At the time of this writing, the Electronic Literature Directory has descriptive listings for over 825 works, 475 authors, and 100 publishers. It includes only poetry, fiction, drama, and literary nonfiction that make use of electronic techniques or enhancements such as hypertext or multimedia. Listed authors have their own accounts, enabling them to log in to add entries for new works and keep their older entries up to date. Publishers also have accounts that let them create and maintain listings for the authors and works they publish. Anyone who writes or publishes work suitable for the Directory can contact us at
email@example.com to obtain an account.
The Directory accommodates many technical details about individual works, as well as biographical information. Users of the Directory can search by title or author, browse alphabetically, or browse by category. For example, they can choose to view only listings for hypertext fiction or for poetry that uses animated text.

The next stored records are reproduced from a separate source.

-- ===== src/Shared/KillSwitch.antt =====
-- shared/kill_switch.py: the keys in Redis that the admin service writes and the telemetry service reads,
-- as a function from vehicles to whether the key is there.
use car_flow_mvp.Base.{ℕ, Bool, true, false, if◌then◌else◌, ◌==◌}

abbrev pub Switches : Type 0
Switches = ℕ → Bool

abbrev pub activate : ℕ → Switches → Switches
activate vehicle_id switches i = if vehicle_id == i then true else switches i

abbrev pub deactivate : ℕ → Switches → Switches
deactivate vehicle_id switches i = if vehicle_id == i then false else switches i

abbrev pub is_active : ℕ → Switches → Bool
is_active vehicle_id switches = switches vehicle_id
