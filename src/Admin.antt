-- ===== src/Admin.antt =====
-- services/admin/models.py, repository.py, clients.py and service.py: what administrators do, and its
-- record. The answers of the listing and the booking service are arguments; `V` is the type of their
-- bodies. The database is rolled back when a request raises; the kill switches, in Redis, are not.
pub mod Routes
pub mod Audit
use car_flow_mvp.Base.{
  ℕ, Bool, true, false, String, List, [], ◌∷◌, ◌++◌, ⊤, leb, ltb, take, drop, refl, if◌then◌else◌,
}
use car_flow_mvp.Base.Int.{ℤ}
use car_flow_mvp.Shared.Paging.{sql_page}
use car_flow_mvp.Base.Result.{Result, ok, err}
use car_flow_mvp.Base.Exec.{Exec, or_raise, pure, lift, gets, modify, ◌>>=◌, ◌>>◌}
use car_flow_mvp.Shared.Idempotency.{IdempotencyRow, KeyTable}
use car_flow_mvp.Shared.KillSwitch.{Switches, activate, deactivate}

pub data ActionType : Type 0 where
  vehicle_approved vehicle_rejected kill_switch_activated kill_switch_deactivated : ActionType

-- A row of `admin_actions`; the target's type is always "vehicle", and the payload is empty.
pub record AdminAction : Type 0 where
  pub id : ℕ
  pub admin_id : ℕ
  pub action_type : ActionType
  pub target_id : ℕ
  pub created_at : ℕ

-- A body that is stored under an idempotency key: what the listing service answered, or "".
pub data AdminBody (V : Type 0) : Type 0 where
  vehicle_json : V → AdminBody V
  empty_text : AdminBody V

pub record AdminDb (V : Type 0) : Type 0 where
  pub actions : List AdminAction
  pub keys : List (IdempotencyRow (AdminBody V))
  pub switches : Switches

-- The response of another service: its status, its JSON, and its text.
pub record Upstream (V : Type 0) : Type 0 where
  pub status_code : ℕ
  pub json : V
  pub text : String

pub data AdminError : Type 0 where
  upstream_error : ℕ → String → AdminError
  -- An error of the database that nothing catches.
  database_error : AdminError

-- What `uuid4` and the clock give to a new row.
pub record Fresh : Type 0 where
  pub id : ℕ
  pub now : ℕ

abbrev pub Action : Type 0 → Type 0 → Type 0
Action V A = Exec (AdminDb V) AdminError A

-- ORDER BY created_at DESC
abbrev pub insert_newest : AdminAction → List AdminAction → List AdminAction
insert_newest a [] = a ∷ []
insert_newest a (b ∷ rows) =
    if ltb a.created_at b.created_at then b ∷ insert_newest a rows else a ∷ b ∷ rows

abbrev pub newest_first : List AdminAction → List AdminAction
newest_first [] = []
newest_first (a ∷ rows) = insert_newest a (newest_first rows)

module _ {V : Type 0} where
  -- `if response.status_code >= 400: raise UpstreamError(...)`
  abbrev pub upstream_body : Upstream V → Result AdminError V
  upstream_body response =
      if leb 400 response.status_code
      then err (upstream_error response.status_code response.text)
      else ok response.json

  unfoldable pub record_action : Fresh → (admin_id : ℕ) → ActionType → (target_id : ℕ) → Action V ⊤
  record_action fresh admin_id action_type target_id = modify (λ db. record db {
    actions =
        db.actions
        ++ record {
          id = fresh.id;
          admin_id = admin_id;
          action_type = action_type;
          target_id = target_id;
          created_at = fresh.now;
        }
          ∷ [];
  })

  -- For a limit and an offset that the database's driver can send.
  unfoldable pub list_recent : (limit offset : ℤ) → Action V (List AdminAction)
  list_recent limit offset db =
      or_raise database_error (sql_page limit offset (newest_first db.actions)) db

  -- `approve_vehicle` and `reject_vehicle`, by the response of the listing service.
  unfoldable pub decide_vehicle :
      ActionType → Upstream V → Fresh → (admin_id vehicle_id : ℕ) → Action V V
  decide_vehicle action_type response fresh admin_id vehicle_id = do
    vehicle ← lift (upstream_body response)
    record_action fresh admin_id action_type vehicle_id
    pure vehicle

  abbrev pub approve_vehicle : Upstream V → Fresh → (admin_id vehicle_id : ℕ) → Action V V
  approve_vehicle = decide_vehicle vehicle_approved

  abbrev pub reject_vehicle : Upstream V → Fresh → (admin_id vehicle_id : ℕ) → Action V V
  reject_vehicle = decide_vehicle vehicle_rejected

  unfoldable pub list_bookings : Upstream V → Action V V
  list_bookings response = lift (upstream_body response)

  unfoldable pub activate_kill_switch : Fresh → (admin_id vehicle_id : ℕ) → Action V ⊤
  activate_kill_switch fresh admin_id vehicle_id = do
    modify (λ db. record db { switches = activate vehicle_id db.switches })
    record_action fresh admin_id kill_switch_activated vehicle_id

  unfoldable pub deactivate_kill_switch : Fresh → (admin_id vehicle_id : ℕ) → Action V ⊤
  deactivate_kill_switch fresh admin_id vehicle_id = do
    modify (λ db. record db { switches = deactivate vehicle_id db.switches })
    record_action fresh admin_id kill_switch_deactivated vehicle_id

abbrev pub key_table : (V : Type 0) → KeyTable (AdminDb V) (AdminBody V)
key_table V = record {
  keys = λ db. db.keys;
  with_keys = λ rows db. record db { keys = rows };
  keys-with_keys = λ rows db. refl;
}
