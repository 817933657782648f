-- ===== src/Book/Search.antt =====
-- `find`, `findAll` and `getTop` of src/OrderBookImpl.cpp: which order they choose.
use order_processor.Common.{
  ℕ, ◌≡◌, refl, ◌⊎◌, inl, inr, true, false, List, [], ◌∷◌, ◌++◌, arith, All, Bool-cases, ==-refl,
  if◌then◌else◌,
}
use order_processor.Model.Ids.{IdT}
use order_processor.Book.Side.{
  Entry, Answer, Direction, before, no_id, find, find_all, top, at_price, IsSorted,
}
use order_processor.Book.Priority.{at_price-before}

-- The functor neither takes an entry nor stops there.
abbrev pub Passes : (IdT → Answer) → Entry → Type 0
Passes match' e = ((match' e.id).taken ≡ false) × ((match' e.id).stop ≡ false)

-- No entry is taken up to the first one that stops the search.
abbrev pub NoneTaken : (IdT → Answer) → List Entry → Type 0
NoneTaken match' [] = Unit {0}
NoneTaken match' (e ∷ es) =
    ((match' e.id).taken ≡ false) × (((match' e.id).stop ≡ true) ⊎ NoneTaken match' es)

pub record Hit (match' : IdT → Answer) (es : List Entry) (r : IdT) : Type 0 where
  pub front : List Entry
  pub entry : Entry
  pub back : List Entry
  pub split : es ≡ front ++ entry ∷ back
  pub passed : All (Passes match') front
  pub taken : (match' entry.id).taken ≡ true
  pub result : r ≡ entry.id

Hit-cons :
    (match' : IdT → Answer) (e : Entry) (es : List Entry) (r : IdT)
    → Passes match' e
    → Hit match' es r
    → Hit match' (e ∷ es) r
Hit-cons match' e es r p h = record {
  front = e ∷ h.front;
  entry = h.entry;
  back = h.back;
  split = ground (arith, h.split);
  passed = (p, h.passed);
  taken = h.taken;
  result = h.result;
}

module _ (match' : IdT → Answer) (e : Entry) (es : List Entry) where
  find-takes : (match' e.id).taken ≡ true → find match' (e ∷ es) ≡ e.id
  unfolding find
  find-takes t = ground arith

  find-stops :
      (match' e.id).taken ≡ false → (match' e.id).stop ≡ true → find match' (e ∷ es) ≡ no_id
  unfolding find
  find-stops n s = ground arith

  find-skips : Passes match' e → find match' (e ∷ es) ≡ find match' es
  unfolding find
  find-skips p = ground arith

-- `find` returns the first entry that the functor takes, if the functor does not stop before it; else
-- no entry is taken up to the stop, and it returns the invalid id.
pub find-first :
    (match' : IdT → Answer) (es : List Entry)
    → Hit match' es (find match' es) ⊎ (NoneTaken match' es × (find match' es ≡ no_id))
find-first match' [] = inr (tt, unfold find in refl)
find-first match' (e ∷ es) = elim (Bool-cases (match' e.id).taken) [
  | inl t ↦ inl (record {
    front = [];
    entry = e;
    back = es;
    split = refl;
    passed = tt;
    taken = t;
    result = find-takes match' e es t;
  })
  | inr n ↦ elim (Bool-cases (match' e.id).stop) [
    | inl s ↦ inr ((n, inl s), find-stops match' e es n s)
    | inr g ↦ rw (find-skips match' e es (n, g)) (elim (find-first match' es) [
      | inl h ↦ inl (Hit-cons match' e es _ (n, g) h)
      | inr h ↦ inr ((n, inr h.0), h.1)
    ])
  ]
]

-- The entries up to the first one that stops the search, with it.
abbrev pub reached : (IdT → Answer) → List Entry → List Entry
reached match' [] = []
reached match' (e ∷ es) = e ∷ (if (match' e.id).stop then [] else reached match' es)

abbrev pub taken_ids : (IdT → Answer) → List Entry → List IdT
taken_ids match' [] = []
taken_ids match' (e ∷ es) =
    if (match' e.id).taken then e.id ∷ taken_ids match' es else taken_ids match' es

-- `find_all` returns the ids that the functor takes, in the order of the side, among the entries up to
-- the first one that stops it, with it.
pub find_all-taken :
    (match' : IdT → Answer) (es : List Entry)
    → find_all match' es ≡ taken_ids match' (reached match' es)
unfolding find_all
find_all-taken match' [] = refl
find_all-taken match' (e ∷ es) = ground (arith, find_all-taken match' es)

-- The best price of a side.
pub record Best (d : Direction) (es : List Entry) (r : IdT) : Type 0 where
  pub price : ℕ
  pub first : List IdT
  pub waits : at_price price es ≡ r ∷ first
  pub best : (p : ℕ) → (if before d p price then at_price p es else []) ≡ []

-- On a side in order `getTop` returns the oldest order of a price before which no order waits; for an
-- empty side it returns the invalid id.
pub top-Best :
    (d : Direction) (es : List Entry)
    → IsSorted d es
    → ((es ≡ []) × (top es ≡ no_id)) ⊎ Best d es (top es)
unfolding top
top-Best d [] s = inl (refl, refl)
top-Best d (e ∷ es) s = inr (record {
  price = e.price;
  first = at_price e.price es;
  waits = unfold at_price in rw (==-refl e.price);
  best = λ p. elim (Bool-cases (before d p e.price)) [
    | inl b ↦ rw b (at_price-before d p e es b s)
    | inr b ↦ rw b
  ];
})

More-complex selection and filtering options will be available in the future. In fact, our criteria for what to include in the Directory have been strongly influenced by our plans to implement these advanced filtering capabilities at a later stage of development. Any directory must define its boundaries, but we found the lines were not always easy to draw. Advanced filtering will let us avoid imposing one set of standards for inclusion, instead letting individual viewers determine them. Should recorded readings be counted as electronic literature? Does nonfiction belong in a directory of literature? How about genre fiction? Should we include only published work or also unpublished works-in-progress? Should we exclude self-published work? Should we allow self-published work but only if it is by authors who have also published with "legitimate" publishers? Users will be able to choose to include or exclude any of these categories of work when they view listings.

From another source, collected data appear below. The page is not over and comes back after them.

-- ===== src/Book/Start.antt =====
-- The book after `init` of src/OrderBookImpl.cpp.
use order_processor.Common.{
  ℕ, ◌≡◌, refl, Option, none, some, is_some, List, [], ◌∷◌, arith, contains, update, if◌then◌else◌,
}
use order_processor.Model.Ids.{IdT}
use order_processor.Model.Enums
use order_processor.Book.Side.{at_price}
use order_processor.Book.Defs.{Group, init, register, empty_group}
use order_processor.Book.Refinement.{IsOrdered, queue}

register-groups :
    (is : List IdT) (groups : ℕ → Option Group) (i : IdT)
    → register is groups i ≡ (if contains i is then some empty_group else groups i)
unfolding register
register-groups [] groups i = refl
register-groups (j ∷ is) groups i =
    ground (arith, register-groups is (update groups j (some empty_group)) i)

init-groups :
    (is : List IdT) (i : IdT)
    → (init is).groups i ≡ (if contains i is then some empty_group else none)
unfolding init
init-groups is i = register-groups is (λ j. none) i

-- After `init` the instruments of the list are registered and no others, every side is in order, and
-- no order waits.
pub init-starts :
    (is : List IdT)
    → ((i : IdT) → is_some ((init is).groups i) ≡ contains i is)
      × IsOrdered (init is)
      × ((i : IdT) (side : Enums.Side) (p : ℕ) → queue (init is) i side p ≡ [])
unfolding at_price
init-starts is = (
  λ i. ground (arith, init-groups is i),
  λ i. ground (arith, init-groups is i),
  λ i side p. ground (arith, init-groups is i),
)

Usually directory editors must decide between a comprehensive and objective compendium or a more selective presentation with subjective critical commentary. Being all-inclusive and completely even-handed certainly has its benefits, but sometimes a selective offering with critical appraisals can be more useful for anyone simply looking for something good to read. We hope to have our cake and eat it too by supplementing our core catalog and its purely factual descriptions with critical recommendations by different commentators. We will provide some of these critical evaluations ourselves, while others will come from invited critics. We also plan to let any site visitors add their own recommendations.

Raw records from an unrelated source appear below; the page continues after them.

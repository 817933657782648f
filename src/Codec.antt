-- ===== src/Codec.antt =====
-- The codecs of the stored entries: src/StringTCodec.cpp, src/RawDataCodec.cpp, src/AccountCodec.cpp,
-- src/ClearingCodec.cpp, src/InstrumentCodec.cpp, src/OrderCodec.cpp, and the two `serialize` and `restore`
-- pairs that they call. A buffer is the list of its bytes.
pub mod Bytes
pub mod Entries
pub mod Orders
pub mod Reading
pub mod RoundTrip
pub mod Cutting
pub mod Stored
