-- ===== src/Codec/Bytes.antt =====
-- Numbers, ids and texts in a buffer: `IdT` of src/DataModelDef.cpp, `OrderStatePersistence` of
-- src/OrderStateMachineImpl.cpp and src/StringTCodec.cpp. A number of w bytes has its lowest byte first,
-- as `memcpy` gives it on the machines that the source is built for; a double is its 8 bytes.
use order_processor.Common.{
  ℕ, zero, suc, ◌+◌, ◌*◌, ◌/◌, ◌%◌, Option, none, some, List, [], ◌∷◌, ◌++◌, length, ltb, ◌==◌,
  if◌then◌else◌,
}
use order_processor.Model.Ids.{IdT, make_id, id_field, date_field}
use order_processor.Model.Order.{Text}

abbrev pub Bytes : Type 0
Bytes = List ℕ

-- The exceptions: the buffer is too small, or a mark is missing. `overread` is no exception: the source reads
-- behind the end of the buffer there, which has no defined result, and goes on with what it finds in
-- the memory. The model says no more of such a call, and stops.
pub data DecodeError : Type 0 where
  too_small missed_mark overread : DecodeError

pub data Result {ℓ} (A : Type ℓ) : Type ℓ where
  ok : A → Result A
  err : DecodeError → Result A

-- A reader takes the bytes from `p` on, and gives what it read and the bytes behind it.
abbrev pub Reader : Type 0 → Type 0
Reader A = Bytes → Result (A × Bytes)

abbrev pub continue : {A B : Type 0} → Result (A × Bytes) → (A → Reader B) → Result (B × Bytes)
continue (ok (a, bs)) f = f a bs
continue (err e) f = err e

abbrev pub or_fail : {A : Type 0} → DecodeError → Option (A × Bytes) → Result (A × Bytes)
or_fail e none = err e
or_fail e (some r) = ok r

infixl 5 ◌>>=◌ ◌>>◌
unfoldable pub ◌>>=◌ : {A B : Type 0} → Reader A → (A → Reader B) → Reader B
◌>>=◌ p f bs = continue (p bs) f

unfoldable pub ◌>>◌ : {A B : Type 0} → Reader A → Reader B → Reader B
unfolding ◌>>=◌
p >> q = p >>= λ a. q

unfoldable pub pure : {A : Type 0} → A → Reader A
pure a bs = ok (a, bs)

unfoldable pub put : ℕ → ℕ → Bytes
put zero n = []
put (suc w) n = (n % 256) ∷ put w (n / 256)

abbrev pub push_byte : ℕ → Option (ℕ × Bytes) → Option (ℕ × Bytes)
push_byte b none = none
push_byte b (some (n, bs)) = some (b + 256 * n, bs)

unfoldable pub take_int : ℕ → Bytes → Option (ℕ × Bytes)
take_int zero bs = some (0, bs)
take_int (suc w) [] = none
take_int (suc w) (b ∷ bs) = push_byte b (take_int w bs)

-- A number of w bytes, with the check of the size before it; without, the bytes behind the end are read.
unfoldable pub read_or : DecodeError → ℕ → Reader ℕ
unfolding take_int
read_or e w bs = or_fail e (take_int w bs)

abbrev pub read_int : ℕ → Reader ℕ
read_int = read_or too_small

-- The mark behind a field. The size is not checked for it: behind the end, the result is not defined.
unfoldable pub mark : ℕ → Reader (Unit {0})
mark c [] = err overread
mark c (b ∷ bs) = if b == c then ok (tt, bs) else err missed_mark

unfoldable pub need : ℕ → Reader (Unit {0})
need n bs = if ltb (length bs) n then err too_small else ok (tt, bs)

-- `IdT::serialize` and `IdT::restore`
unfoldable pub put_id : IdT → Bytes
unfolding put
put_id k = put 4 (date_field k) ++ b':' ∷ put 8 (id_field k)

unfoldable pub restore_id : Reader IdT
unfolding ◌>>=◌ ◌>>◌ pure need read_or mark
restore_id = do need 13; date ← read_int 4; mark b':'; id ← read_int 8; pure (make_id id date)

-- `OrderStatePersistence::serialize` and `restore`: the numbers of the two states.
unfoldable pub put_zones : ℕ → ℕ → Bytes
unfolding put
put_zones zone1 zone2 = put 4 zone1 ++ b':' ∷ put 4 zone2

unfoldable pub restore_zones : Reader (ℕ × ℕ)
unfolding ◌>>=◌ ◌>>◌ pure need read_or mark
restore_zones = do need 9; zone1 ← read_int 4; mark b':'; zone2 ← read_int 4; pure (zone1, zone2)

abbrev pub keep_byte : ℕ → Option (Bytes × Bytes) → Option (Bytes × Bytes)
keep_byte b none = none
keep_byte b (some (xs, bs)) = some (b ∷ xs, bs)

-- The next n bytes, and what is behind them.
unfoldable pub take_bytes : ℕ → Bytes → Option (Bytes × Bytes)
take_bytes zero bs = some ([], bs)
take_bytes (suc n) [] = none
take_bytes (suc n) (b ∷ bs) = keep_byte b (take_bytes n bs)

unfoldable pub read_bytes : ℕ → Reader Bytes
unfolding take_bytes
read_bytes n bs = or_fail too_small (take_bytes n bs)

-- `StringTCodec::serialize` and `restore`: an assertion says that the size of the text is there.
unfoldable pub put_text : Text → Bytes
unfolding put
put_text s = put 8 (length s) ++ s

unfoldable pub restore_text : Reader Text
unfolding ◌>>=◌ read_or read_bytes
restore_text = read_or overread 8 >>= λ n. read_bytes n

-- A field, and the `.` that ends it.
unfoldable pub dotted : {A : Type 0} → Reader A → Reader A
unfolding ◌>>=◌ ◌>>◌ pure mark
dotted p = do a ← p; mark b'.'; pure a

abbrev pub dot : Bytes → Bytes
dot bs = bs ++ b'.' ∷ []

abbrev pub concat : List Bytes → Bytes
concat [] = []
concat (bs ∷ bss) = bs ++ concat bss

When the support for recommendations has been implemented, Directory users will not only be able to see who has recommended any particular work and to read those recommendations, they will also be able to view a listing of everything recommended by any selected critic. Thus users can have an experience similar to exploring the "favorite links" lists at a variety of Web sites, yet they won't have to travel all over the Web to find them. Our approach will also allow direct comparison of different critical appraisals. It will combine the multivocality that is the Web's strength with the convenience of a centralized location.
We plan to send out periodic mailing list announcements of interesting new work as it is added to the
Directory. In keeping with our democratic philosophy, we hope eventually to supplement this with an e-mail notification system that will tell subscribers when their favorite authors have new work available. We hope also to automatically notify authors and publishers when broken links occur in their listings.
I would now like to make a direct plea to authors and publishers to support our project. The accuracy of the database will depend largely upon your participation. You will also be the biggest beneficiaries of the project's success, however, which should bring increased exposure for your work and better recognition of any unique elements within it.